Dalam jurnal Tuberkulosis dan Kemiskinan itu disebutkan pula bahwa penyakit dan kemiskinan dapat seperti vicious cycles. Karena miskin, orang jadi kurang gizi, tinggal di tempat yang tidak sehat, dan tidak dapat melakukan pemeliharaan kesehatan dengan baik. Akibatnya, si miskin akan jatuh sakit. Karena sakit maka dia terpaksa berobat. Biaya pengobatan itu cukup mahal, akibatnya si miskin akan makin miskin lagi, sehingga berhenti berobat, makin parah demikian seterusnya.

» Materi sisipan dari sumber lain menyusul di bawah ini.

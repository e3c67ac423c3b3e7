-- ===== src/Ipc/Request.antt =====
-- Requests and results of the service (Source/ryazha-clk/sysmodule/src/ipc/ipc_server.h and
-- ipc_server.c, common/include/hocclk/errors.h). A request is what libnx parses, with the words of its
-- header and the arguments behind it.
use rcu.Base.{
  ℕ, ◌-◌, ◌*◌, Bool, true, false, not, ◌||◌, Option, none, some, List, ltb, if◌then◌else◌,
}

-- Results: success, those of libnx, the unknown type of a request, those of the service, and those of
-- the kernel by number.
pub data Result : Type 0 where
  success bad_input out_of_memory not_found unknown_type : Result
  generic config_not_loaded config_save_failed : Result
  timed_out cancelled connection_closed : Result
  kernel : ℕ → Result

abbrev pub succeeded : Result → Bool
succeeded success = true
succeeded r = false

-- `CmifCommandType_Request`, `CmifCommandType_Close`, and the others.
pub data Kind : Type 0 where
  request close other_kind : Kind

-- The arguments behind the header, read as each command reads them.
pub record Args : Type 0 where
  pub tid : ℕ
  pub mhz : ℕ → ℕ → ℕ
  pub enabled : ℕ
  pub hoc_module : ℕ
  pub hz : ℕ
  pub max_count : ℕ

-- `HipcParsedRequest` with the header that `cmifGetAlignedDataStart` finds, whether its magic is
-- `CMIF_IN_HEADER_MAGIC`, the sizes of the buffers, and the list of settings in the first send buffer.
pub record Hipc : Type 0 where
  pub kind : Kind
  pub num_data_words : ℕ
  pub has_header : Bool
  pub magic_matches : Bool
  pub cmd_id : ℕ
  pub args : Args
  pub recv_buffers : List ℕ
  pub send_buffers : List ℕ
  pub sent_values : ℕ → ℕ

-- `sizeof(IpcServerRawHeader)`.
abbrev pub header_size : ℕ
header_size = 16

-- `IpcServerRequestData`: the command and the number of bytes behind the header.
pub record Data : Type 0 where
  pub cmd_id : ℕ
  pub size : ℕ

abbrev pub no_data : Data
no_data = record { cmd_id = 0; size = 0 }

-- `_ipcServerParseRequest`; `none` is `LibnxError_BadInput`.
unfoldable pub parse_request : Hipc → Option Data
parse_request r = elim r.kind [
  | request ↦
      let data_size = r.num_data_words * 4 in
      if not r.has_header || ltb data_size header_size || not r.magic_matches
      then none
      else some (record {
        cmd_id = r.cmd_id;
        size = if ltb header_size data_size then data_size - header_size else 0;
      })
  | close ↦ some no_data
  | other_kind ↦ some no_data
]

Publikasi WHO dalam rangka World TB Day 2002 yang mengambil tema Stop TB Fight Proverty menyebutkan di dalam poin kelimanya:
Penelitian menunjukkan bahwa 3 atau 4 bulan masa kerja akan hilang karena seseorang sakit TB. Hal itu berpotensi menyebabkan hilangnya 20-30% pendapatan rumah tangga dalam setahun. Bila seseorang meninggal akibat TB, maka keluarganya akan kehilangan sekitar 13-15 tahun pendapatan karena kepala keluarganya meninggal akibat TB.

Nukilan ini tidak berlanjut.